ABOUT THIS TASK:
Without changing a single word, output each entry.

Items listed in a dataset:
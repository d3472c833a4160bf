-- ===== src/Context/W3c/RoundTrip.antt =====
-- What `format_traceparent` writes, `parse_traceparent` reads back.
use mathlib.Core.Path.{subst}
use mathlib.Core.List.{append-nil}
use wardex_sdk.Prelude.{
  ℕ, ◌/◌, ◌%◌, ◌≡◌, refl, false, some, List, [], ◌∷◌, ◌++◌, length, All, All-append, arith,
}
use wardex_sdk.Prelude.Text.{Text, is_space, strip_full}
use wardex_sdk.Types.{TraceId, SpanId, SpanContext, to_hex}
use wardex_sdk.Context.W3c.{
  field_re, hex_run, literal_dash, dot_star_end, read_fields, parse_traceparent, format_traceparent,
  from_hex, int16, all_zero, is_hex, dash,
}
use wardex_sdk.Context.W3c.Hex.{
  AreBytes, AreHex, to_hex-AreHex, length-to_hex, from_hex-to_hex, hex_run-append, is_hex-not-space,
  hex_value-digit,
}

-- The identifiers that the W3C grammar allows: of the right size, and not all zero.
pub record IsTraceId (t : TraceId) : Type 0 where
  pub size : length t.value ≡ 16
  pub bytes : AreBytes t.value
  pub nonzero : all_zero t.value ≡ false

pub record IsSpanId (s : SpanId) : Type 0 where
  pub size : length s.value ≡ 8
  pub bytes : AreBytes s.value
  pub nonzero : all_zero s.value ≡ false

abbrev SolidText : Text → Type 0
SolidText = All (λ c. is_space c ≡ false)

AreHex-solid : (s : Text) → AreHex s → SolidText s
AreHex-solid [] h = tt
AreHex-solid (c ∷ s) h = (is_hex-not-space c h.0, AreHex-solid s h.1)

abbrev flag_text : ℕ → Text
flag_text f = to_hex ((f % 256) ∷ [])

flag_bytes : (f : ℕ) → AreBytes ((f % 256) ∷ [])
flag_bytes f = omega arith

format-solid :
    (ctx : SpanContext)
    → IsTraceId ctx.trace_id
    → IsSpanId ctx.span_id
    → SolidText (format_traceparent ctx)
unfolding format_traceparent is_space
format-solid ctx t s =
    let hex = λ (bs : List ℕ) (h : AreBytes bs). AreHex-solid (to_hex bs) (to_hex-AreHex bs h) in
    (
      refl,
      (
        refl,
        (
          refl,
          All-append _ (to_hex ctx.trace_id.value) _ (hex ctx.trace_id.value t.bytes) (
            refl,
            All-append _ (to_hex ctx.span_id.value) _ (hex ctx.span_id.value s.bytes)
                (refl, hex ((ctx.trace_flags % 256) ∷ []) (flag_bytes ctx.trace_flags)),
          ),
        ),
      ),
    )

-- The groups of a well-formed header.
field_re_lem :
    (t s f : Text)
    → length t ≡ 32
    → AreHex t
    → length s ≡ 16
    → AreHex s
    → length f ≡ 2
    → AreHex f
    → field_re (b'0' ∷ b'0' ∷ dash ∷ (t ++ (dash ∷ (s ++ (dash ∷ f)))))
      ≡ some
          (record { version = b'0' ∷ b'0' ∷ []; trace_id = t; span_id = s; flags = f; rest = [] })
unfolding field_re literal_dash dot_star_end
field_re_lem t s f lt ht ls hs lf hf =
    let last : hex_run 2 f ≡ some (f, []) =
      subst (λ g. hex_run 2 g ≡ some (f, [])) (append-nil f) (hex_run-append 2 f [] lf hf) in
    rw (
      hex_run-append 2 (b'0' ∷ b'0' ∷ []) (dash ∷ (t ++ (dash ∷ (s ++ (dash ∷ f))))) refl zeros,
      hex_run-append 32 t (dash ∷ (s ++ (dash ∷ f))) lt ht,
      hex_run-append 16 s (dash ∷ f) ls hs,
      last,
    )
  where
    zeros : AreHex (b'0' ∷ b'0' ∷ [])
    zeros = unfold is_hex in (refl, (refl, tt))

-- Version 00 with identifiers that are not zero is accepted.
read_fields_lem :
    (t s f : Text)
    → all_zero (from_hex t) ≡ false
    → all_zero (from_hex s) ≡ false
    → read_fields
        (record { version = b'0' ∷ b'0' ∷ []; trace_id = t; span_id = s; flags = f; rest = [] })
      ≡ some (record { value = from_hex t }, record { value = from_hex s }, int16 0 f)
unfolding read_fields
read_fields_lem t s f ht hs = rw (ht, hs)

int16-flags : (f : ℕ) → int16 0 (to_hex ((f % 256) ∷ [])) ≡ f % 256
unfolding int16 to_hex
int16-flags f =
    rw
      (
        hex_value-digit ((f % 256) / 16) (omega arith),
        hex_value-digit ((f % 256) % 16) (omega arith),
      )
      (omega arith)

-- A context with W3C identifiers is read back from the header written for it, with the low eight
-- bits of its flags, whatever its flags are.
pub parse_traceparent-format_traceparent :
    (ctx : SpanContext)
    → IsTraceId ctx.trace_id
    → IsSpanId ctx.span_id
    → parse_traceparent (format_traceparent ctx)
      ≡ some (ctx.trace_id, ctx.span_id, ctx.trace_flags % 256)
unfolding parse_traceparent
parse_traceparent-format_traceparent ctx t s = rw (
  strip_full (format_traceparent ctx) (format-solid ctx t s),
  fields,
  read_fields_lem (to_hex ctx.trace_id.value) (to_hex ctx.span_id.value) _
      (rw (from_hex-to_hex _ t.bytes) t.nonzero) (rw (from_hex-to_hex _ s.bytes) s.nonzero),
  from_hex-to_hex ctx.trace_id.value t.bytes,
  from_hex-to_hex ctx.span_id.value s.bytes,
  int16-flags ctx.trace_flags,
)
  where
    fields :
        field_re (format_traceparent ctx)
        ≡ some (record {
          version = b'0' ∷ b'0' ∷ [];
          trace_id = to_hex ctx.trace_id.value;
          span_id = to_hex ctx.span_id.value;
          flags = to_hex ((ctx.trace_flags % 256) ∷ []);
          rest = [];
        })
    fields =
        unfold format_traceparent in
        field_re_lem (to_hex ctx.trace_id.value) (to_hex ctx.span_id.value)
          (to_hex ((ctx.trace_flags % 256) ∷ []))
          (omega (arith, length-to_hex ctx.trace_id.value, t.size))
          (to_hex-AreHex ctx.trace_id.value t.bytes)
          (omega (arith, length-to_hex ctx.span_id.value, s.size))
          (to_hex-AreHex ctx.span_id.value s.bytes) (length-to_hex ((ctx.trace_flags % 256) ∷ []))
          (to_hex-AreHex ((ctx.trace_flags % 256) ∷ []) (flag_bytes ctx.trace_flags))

SOLVED PROBLEM:
repository d3472c833a4160bf
-- ===== src/Context/W3c/RoundTrip.antt =====
-- What `format_traceparent` writes, `parse_traceparent` reads back.
use mathlib.Core.Path.{subst}
use mathlib.Core.List.{append-nil}
use wardex_sdk.Prelude.{
  ℕ, ◌/◌, ◌%◌, ◌≡◌, refl, false, some, List, [], ◌∷◌, ◌++◌, length, All, All-append, arith,
}
use wardex_sdk.Prelude.Text.{Text, is_space, strip_full}
use wardex_sdk.Types.{TraceId, SpanId, SpanContext, to_hex}
use wardex_sdk.Context.W3c.{
  field_re, hex_run, literal_dash, dot_star_end, read_fields, parse_traceparent, format_traceparent,
  from_hex, int16, all_zero, is_hex, dash,
}
use wardex_sdk.Context.W3c.Hex.{
  AreBytes, AreHex, to_hex-AreHex, length-to_hex, from_hex-to_hex, hex_run-append, is_hex-not-space,
  hex_value-digit,
}

-- The identifiers that the W3C grammar allows: of the right size, and not all zero.
pub record IsTraceId (t : TraceId) : Type 0 where
  pub size : length t.value ≡ 16
  pub bytes : AreBytes t.value
  pub nonzero : all_zero t.value ≡ false

pub record IsSpanId (s : SpanId) : Type 0 where
  pub size : length s.value ≡ 8
  pub bytes : AreBytes s.value
  pub nonzero : all_zero s.value ≡ false

abbrev SolidText : Text → Type 0
SolidText = All (λ c. is_space c ≡ false)

AreHex-solid : (s : Text) → AreHex s → SolidText s
AreHex-solid [] h = tt
AreHex-solid (c ∷ s) h = (is_hex-not-space c h.0, AreHex-solid s h.1)

abbrev flag_text : ℕ → Text
flag_text f = to_hex ((f % 256) ∷ [])

flag_bytes : (f : ℕ) → AreBytes ((f % 256) ∷ [])
flag_bytes f = omega arith

format-solid :
    (ctx : SpanContext)
    → IsTraceId ctx.trace_id
    → IsSpanId ctx.span_id
    → SolidText (format_traceparent ctx)
unfolding format_traceparent is_space
format-solid ctx t s =
    let hex = λ (bs : List ℕ) (h : AreBytes bs). AreHex-solid (to_hex bs) (to_hex-AreHex bs h) in
    (
      refl,
      (
        refl,
        (
          refl,
          All-append _ (to_hex ctx.trace_id.value) _ (hex ctx.trace_id.value t.bytes) (
            refl,
            All-append _ (to_hex ctx.span_id.value) _ (hex ctx.span_id.value s.bytes)
                (refl, hex ((ctx.trace_flags % 256) ∷ []) (flag_bytes ctx.trace_flags)),
          ),
        ),
      ),
    )

-- The groups of a well-formed header.
field_re_lem :
    (t s f : Text)
    → length t ≡ 32
    → AreHex t
    → length s ≡ 16
    → AreHex s
    → length f ≡ 2
    → AreHex f
    → field_re (b'0' ∷ b'0' ∷ dash ∷ (t ++ (dash ∷ (s ++ (dash ∷ f)))))
      ≡ some
          (record { version = b'0' ∷ b'0' ∷ []; trace_id = t; span_id = s; flags = f; rest = [] })
unfolding field_re literal_dash dot_star_end
field_re_lem t s f lt ht ls hs lf hf =
    let last : hex_run 2 f ≡ some (f, []) =
      subst (λ g. hex_run 2 g ≡ some (f, [])) (append-nil f) (hex_run-append 2 f [] lf hf) in
    rw (
      hex_run-append 2 (b'0' ∷ b'0' ∷ []) (dash ∷ (t ++ (dash ∷ (s ++ (dash ∷ f))))) refl zeros,
      hex_run-append 32 t (dash ∷ (s ++ (dash ∷ f))) lt ht,
      hex_run-append 16 s (dash ∷ f) ls hs,
      last,
    )
  where
    zeros : AreHex (b'0' ∷ b'0' ∷ [])
    zeros = unfold is_hex in (refl, (refl, tt))

-- Version 00 with identifiers that are not zero is accepted.
read_fields_lem :
    (t s f : Text)
    → all_zero (from_hex t) ≡ false
    → all_zero (from_hex s) ≡ false
    → read_fields
        (record { version = b'0' ∷ b'0' ∷ []; trace_id = t; span_id = s; flags = f; rest = [] })
      ≡ some (record { value = from_hex t }, record { value = from_hex s }, int16 0 f)
unfolding read_fields
read_fields_lem t s f ht hs = rw (ht, hs)

int16-flags : (f : ℕ) → int16 0 (to_hex ((f % 256) ∷ [])) ≡ f % 256
unfolding int16 to_hex
int16-flags f =
    rw
      (
        hex_value-digit ((f % 256) / 16) (omega arith),
        hex_value-digit ((f % 256) % 16) (omega arith),
      )
      (omega arith)

-- A context with W3C identifiers is read back from the header written for it, with the low eight
-- bits of its flags, whatever its flags are.
pub parse_traceparent-format_traceparent :
    (ctx : SpanContext)
    → IsTraceId ctx.trace_id
    → IsSpanId ctx.span_id
    → parse_traceparent (format_traceparent ctx)
      ≡ some (ctx.trace_id, ctx.span_id, ctx.trace_flags % 256)
unfolding parse_traceparent
parse_traceparent-format_traceparent ctx t s = rw (
  strip_full (format_traceparent ctx) (format-solid ctx t s),
  fields,
  read_fields_lem (to_hex ctx.trace_id.value) (to_hex ctx.span_id.value) _
      (rw (from_hex-to_hex _ t.bytes) t.nonzero) (rw (from_hex-to_hex _ s.bytes) s.nonzero),
  from_hex-to_hex ctx.trace_id.value t.bytes,
  from_hex-to_hex ctx.span_id.value s.bytes,
  int16-flags ctx.trace_flags,
)
  where
    fields :
        field_re (format_traceparent ctx)
        ≡ some (record {
          version = b'0' ∷ b'0' ∷ [];
          trace_id = to_hex ctx.trace_id.value;
          span_id = to_hex ctx.span_id.value;
          flags = to_hex ((ctx.trace_flags % 256) ∷ []);
          rest = [];
        })
    fields =
        unfold format_traceparent in
        field_re_lem (to_hex ctx.trace_id.value) (to_hex ctx.span_id.value)
          (to_hex ((ctx.trace_flags % 256) ∷ []))
          (omega (arith, length-to_hex ctx.trace_id.value, t.size))
          (to_hex-AreHex ctx.trace_id.value t.bytes)
          (omega (arith, length-to_hex ctx.span_id.value, s.size))
          (to_hex-AreHex ctx.span_id.value s.bytes) (length-to_hex ((ctx.trace_flags % 256) ∷ []))
          (to_hex-AreHex ((ctx.trace_flags % 256) ∷ []) (flag_bytes ctx.trace_flags))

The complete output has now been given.